THE PROBLEM. Every line of the entries below from the one containing "pub mod KeepUp" to the one containing "unfolding reset_all duration_of", both ends included, must be written out exactly. No other line belongs in the answer.
----- THE RECORDS -----
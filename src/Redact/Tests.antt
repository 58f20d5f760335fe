-- ===== src/Redact/Tests.antt =====
-- Runs of pkg/redact.
use bricks.Prelude.{arith, ◌≡◌, refl, List, [], ◌∷◌, some}
use bricks.Prelude.Int.{pos, ◌-ℤ◌}
use bricks.Prelude.Text.{codes}
use bricks.Redact.{keep_last, Store, PatternRedactor, ReplaceAll, mask, ctx, do_nothing}
use bricks.Redact.Isolation.{Operation, removes, sets, apply_all, ctx-isolated}

short_text : keep_last (pos 4) (codes "abc") ≡ some (codes "abc")
unfolding keep_last ◌-ℤ◌
short_text = refl

-- A redactor with one pattern, and a replacement of the whole text
abbrev store : Store
store = record { next = 1; cells = λ a i. some (record { address = 7; string = codes "[0-9]" }) }

abbrev redactor : PatternRedactor
redactor = record { patterns = record { array = 0; len = 1; cap = 1 }; scheme = keep_last (pos 1) }

abbrev replace : ReplaceAll
replace = λ p scheme s. scheme s

abbrev changes : List Operation
changes = removes (some (record { address = 9; string = codes "[0-9]" })) ∷ sets do_nothing ∷ []

ctx-isolated_example :
    (mask replace (ctx (some redactor) store).0 (ctx (some redactor) store).1 (codes "abc")
      ≡ mask replace redactor store (codes "abc"))
    × (mask replace redactor
          (apply_all changes (ctx (some redactor) store).0 (ctx (some redactor) store).1).1
          (codes "abc")
        ≡ mask replace redactor store (codes "abc"))
    × (mask replace
          (ctx (some redactor) store).0
          (apply_all changes redactor (ctx (some redactor) store).1).1
          (codes "abc")
        ≡ mask replace redactor store (codes "abc"))
ctx-isolated_example = ctx-isolated replace redactor store changes (codes "abc") (omega arith)
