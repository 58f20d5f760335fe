-- ===== src/Routine.antt =====
-- pkg/routine: the routine that is kept running in one instance (backoff.go, redis_lock.go). The
-- exponential backoffs of github.com/jpillora/backoff are a parameter, and so is what redis replies.
-- The TTL of the lock is not negative.
pub mod Backoffs
pub mod KeepUp
pub mod Registry
mod Tests
use bricks.Prelude.{ℕ, ◌/◌, Bool, true, false, List, [], ◌∷◌, Option, none, some, if◌then◌else◌}
use bricks.Prelude.Int.{ℤ, pos, ltb_ℤ}
use bricks.Prelude.Text.{Text, codes, text_eq}

-- Backoff: its next duration, which counts an attempt, and Reset.
pub record Exponential : Type 1 where
  pub Backoff : Type 0
  pub duration : Backoff → ℤ × Backoff
  pub reset : Backoff → Backoff

-- What a single run comes to: the lock is not obtained for an error or since another has it, or the
-- routine runs, and may panic.
pub data Outcome : Type 0 where
  lock_error not_obtained : Outcome
  ran : (panicked : Bool) → Outcome

module _ (exponential : Exponential) where
  open exponential use {Backoff, duration, reset}

  abbrev pub CombinedExponentialBackoff : Type 0
  CombinedExponentialBackoff = List (Text × Backoff)

  unfoldable pub reset_all : CombinedExponentialBackoff → CombinedExponentialBackoff
  reset_all [] = []
  reset_all ((k, backoff) ∷ all) = (k, reset backoff) ∷ reset_all all

  unfoldable pub duration_of : Text → CombinedExponentialBackoff → ℤ × CombinedExponentialBackoff
  duration_of key [] = (pos 0, [])
  duration_of key ((k, backoff) ∷ all) =
      let rest = duration_of key all in
      if text_eq k key
      then ((duration backoff).0, (k, (duration backoff).1) ∷ rest.1)
      else (rest.0, (k, reset backoff) ∷ rest.1)

  -- singleRun: the time after which to try again, and the backoffs
  unfoldable pub single_run :
      ℤ → Outcome → CombinedExponentialBackoff → ℤ × CombinedExponentialBackoff
  unfolding reset_all duration_of
  single_run retry_interval lock_error backoff = duration_of (codes "lock") backoff
  single_run retry_interval not_obtained backoff = (retry_interval, reset_all backoff)
  single_run retry_interval (ran true) backoff = duration_of (codes "routine") backoff
  single_run retry_interval (ran false) backoff = (retry_interval, reset_all backoff)

  -- The loop of Run, until its context is done: the times that it waits, and the backoffs.
  unfoldable pub run_loop :
      ℤ → ℤ → List Outcome → CombinedExponentialBackoff → List ℤ × CombinedExponentialBackoff
  unfolding single_run
  run_loop retry_interval try_again_in [] backoff = (try_again_in ∷ [], backoff)
  run_loop retry_interval try_again_in (outcome ∷ outcomes) backoff =
      let (again, next) = single_run retry_interval outcome backoff in
      let (waits, last) = run_loop retry_interval again outcomes next in
      (try_again_in ∷ waits, last)

  -- Run, with the backoffs as NewBackoff makes them
  unfoldable pub run : ℕ → Backoff → List Outcome → List ℤ × CombinedExponentialBackoff
  unfolding run_loop
  run lock_ttl fresh outcomes =
      run_loop (pos (lock_ttl / 5)) (pos 0) outcomes
        ((codes "lock", fresh) ∷ (codes "routine", fresh) ∷ [])

-- What Refresh replies, with what TTL replies after ErrNotObtained; an error is `none`.
pub data Refresh : Type 0 where
  refreshed failed : Refresh
  refused : Option ℤ → Refresh

-- One round of keepUpLock: whether the context is done first, which of two timers of the same
-- length comes first, and the replies.
pub record Round : Type 0 where
  pub is_done : Bool
  pub runs_out_first : Bool
  pub reply : Refresh

pub data Ended : Type 0 where
  still_held context_done ran_out no_ttl not_refreshed : Ended

-- The timer of lockRunsOutIn comes before the one of refreshInterval.
abbrev pub runs_out : ℤ → ℤ → Bool → Bool
runs_out lock_runs_out_in refresh_interval first =
    if ltb_ℤ lock_runs_out_in refresh_interval
    then true
    else if ltb_ℤ refresh_interval lock_runs_out_in
    then false
    else first

-- What a round goes on with, by what Refresh replied.
unfoldable pub after_refresh :
    (ℤ → Option Refresh → Ended × Option Refresh) → ℕ → Refresh → Ended × Option Refresh
after_refresh next refresh_ttl refreshed = next (pos refresh_ttl) (some refreshed)
after_refresh next refresh_ttl failed = (not_refreshed, some failed)
after_refresh next refresh_ttl (refused none) = (no_ttl, some (refused none))
after_refresh next refresh_ttl (refused (some ttl)) = next ttl (some (refused (some ttl)))

-- keepUpLock: how it ends, and what the last Refresh replied.
unfoldable pub keep_up_lock : ℕ → List Round → ℤ → Option Refresh → Ended × Option Refresh
unfolding after_refresh
keep_up_lock refresh_ttl [] lock_runs_out_in last = (still_held, last)
keep_up_lock refresh_ttl (r ∷ rs) lock_runs_out_in last =
    let rest = after_refresh (keep_up_lock refresh_ttl rs) refresh_ttl r.reply in
    if r.is_done
    then (context_done, last)
    else if runs_out lock_runs_out_in (pos (refresh_ttl / 5)) r.runs_out_first
    then (ran_out, last)
    else rest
-----
RESPONSE FOR THIS EXERCISE.
pub mod KeepUp
pub mod Registry
mod Tests
use bricks.Prelude.{ℕ, ◌/◌, Bool, true, false, List, [], ◌∷◌, Option, none, some, if◌then◌else◌}
use bricks.Prelude.Int.{ℤ, pos, ltb_ℤ}
use bricks.Prelude.Text.{Text, codes, text_eq}

-- Backoff: its next duration, which counts an attempt, and Reset.
pub record Exponential : Type 1 where
  pub Backoff : Type 0
  pub duration : Backoff → ℤ × Backoff
  pub reset : Backoff → Backoff

-- What a single run comes to: the lock is not obtained for an error or since another has it, or the
-- routine runs, and may panic.
pub data Outcome : Type 0 where
  lock_error not_obtained : Outcome
  ran : (panicked : Bool) → Outcome

module _ (exponential : Exponential) where
  open exponential use {Backoff, duration, reset}

  abbrev pub CombinedExponentialBackoff : Type 0
  CombinedExponentialBackoff = List (Text × Backoff)

  unfoldable pub reset_all : CombinedExponentialBackoff → CombinedExponentialBackoff
  reset_all [] = []
  reset_all ((k, backoff) ∷ all) = (k, reset backoff) ∷ reset_all all

  unfoldable pub duration_of : Text → CombinedExponentialBackoff → ℤ × CombinedExponentialBackoff
  duration_of key [] = (pos 0, [])
  duration_of key ((k, backoff) ∷ all) =
      let rest = duration_of key all in
      if text_eq k key
      then ((duration backoff).0, (k, (duration backoff).1) ∷ rest.1)
      else (rest.0, (k, reset backoff) ∷ rest.1)

  -- singleRun: the time after which to try again, and the backoffs
  unfoldable pub single_run :
      ℤ → Outcome → CombinedExponentialBackoff → ℤ × CombinedExponentialBackoff
  unfolding reset_all duration_of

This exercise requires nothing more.